Monday, September 12, 2011

Serve & Protect: A New Way to be a Locavore

A New Way to be a Locavore - by Ashford Rosenberg, Tennessee Aquarium sustainability coordinator

The “locavore” movement started in 2005, but the concept of eating local is nothing new. In the past, people either had to grow their own food, or buy it from a local farmer. Globalization made once exotic foods more readily available. Now, with concerns of green house gas emissions resulting from shipping food, many people are again sourcing from local farmers.

There are several farms within 100 miles of Chattanooga, and many of them are present in area farmers’ markets. Anyone who has been to the Chattanooga Market on a Sunday, or the Main Street Farmer’s Market on Wednesdays, is familiar with the variety of produce available from different farms. But did you know there is a way to source seafood locally?

Rainbow trout, while technically a freshwater fish, are a healthy source of seafood. They are similar in taste and health benefits to salmon, and the farming methods of trout have less environmental impacts. Salmon are often farmed in open net pens, which are contained areas that float in a body of water. The waste and excess food from the pen is washed directly into the environment, degrading water quality and transferring parasites and disease to wild fish. There is also a concern about escapees from the farm breeding with wild fish. Trout, on the other hand, are farmed inland in closed systems. These closed systems alleviate the fear of disease, parasites, and escaped fish affecting the wild populations.
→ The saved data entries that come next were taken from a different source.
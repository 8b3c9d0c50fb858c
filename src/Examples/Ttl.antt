-- ===== src/Examples/Ttl.antt =====
-- A `TTLCache` that never has to evict, as a function from keys: it has the laws of Cache/Ttl.antt.
use hse_graduate_qualificati.Base.{
  ℕ, String, ◌≡◌, refl, Bool, Option, none, some, ◌==◌, eq_refl, arith, ltb, if◌then◌else◌,
  differs_of_ne,
}
use hse_graduate_qualificati.Cache.Backend.{Bytes}
use hse_graduate_qualificati.Cache.Backend.Ideal.{InTime, deadline_after}
use hse_graduate_qualificati.Cache.Ttl.{TtlCaches, TtlLaws}

pub record FunCache : Type 0 where
  pub size : ℕ
  pub life : Option ℕ
  pub items : String → Option (Bytes × Option ℕ)

abbrev pub alive : ℕ → Option (Bytes × Option ℕ) → Option Bytes
alive now none = none
alive now (some (v, none)) = some v
alive now (some (v, some d)) = if ltb now d then some v else none

abbrev pub caches : TtlCaches
caches = record {
  Cache = FunCache;
  new = λ size life. record { size = size; life = life; items = λ k. none };
  get = λ now k c. (alive now (c.items k), c);
  set = λ now k v c. record c {
    items = λ j. if k == j then some (v, deadline_after now c.life) else c.items j;
  };
  pop = λ now k c. record c { items = λ j. if k == j then none else c.items j };
  clear = λ c. record c { items = λ j. none };
  maxsize = λ c. c.size;
  ttl = λ c. c.life;
}

pub alive-popped :
    (b : Bool) (o : Option (Bytes × Option ℕ)) (t : ℕ) (w : Bytes)
    → alive t (if b then none else o) ≡ some w
    → alive t o ≡ some w
alive-popped b o t w h = ground arith

pub alive-stored :
    (life : Option ℕ) (t t' : ℕ) (v w : Bytes)
    → alive t' (some (v, deadline_after t life)) ≡ some w
    → (v ≡ w) × InTime (deadline_after t life) t'
alive-stored none t t' v w h = (cc h, tt)
alive-stored (some d) t t' v w h = ground arith

alive-InTime :
    (life : Option ℕ) (t t' : ℕ) (v : Bytes)
    → InTime (deadline_after t life) t'
    → alive t' (some (v, deadline_after t life)) ≡ some v
alive-InTime none t t' v h = refl
alive-InTime (some d) t t' v h = ground arith

pub laws : TtlLaws caches
laws = record {
  peek-new = λ size life t k. refl;
  peek-clear = λ t k c. refl;
  peek-get = λ t t' k j c h. h;
  peek-pop_self = λ t t' k c. rw (eq_refl k);
  peek-pop = λ t t' k j c {w} h. alive-popped (k == j) (c.items j) t' w h;
  peek-pop_ne = λ t t' k j c differs le. rw (differs_of_ne k j differs);
  peek-set_self = λ t t' k v c {w} h. alive-stored c.life t t' v w (rw (eq_refl k) at h);
  peek-set_ne = λ t t' k j v c {w} differs h. rw (differs_of_ne k j differs) at h;
  peek-set = λ t t' k v c room le h. rw (eq_refl k) (alive-InTime c.life t t' v h);
  config-new = λ size life. (refl, refl);
  config-get = λ t k c. (refl, refl);
  config-set = λ t k v c. (refl, refl);
  config-pop = λ t k c. (refl, refl);
  config-clear = λ c. (refl, refl);
}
Now for the best part. Trout is local! Not only is there a rainbow trout farm in the next county (Pickett Trout Ranch in Dunlap, TN), but many streams in the area are stocked with rainbow trout for anglers. Check TWRA regulations to find the trout stream closest to you. Brown trout and the native Brook trout also inhabit Tennessee streams. (All three species can be seen in the Tennessee Aquarium's Cove Forest exhibit.) Catching your own fish for dinner is the most sustainable eating habit, with sourcing from local farms not far behind.

Many restaurants in the Chattanooga area serve trout. Look for it on the menu, and enjoy a delicious, healthy, and sustainable dinner. Or, try Alton Brown's Serve & Protect Pecan Crusted Trout recipe. Bon Appétit!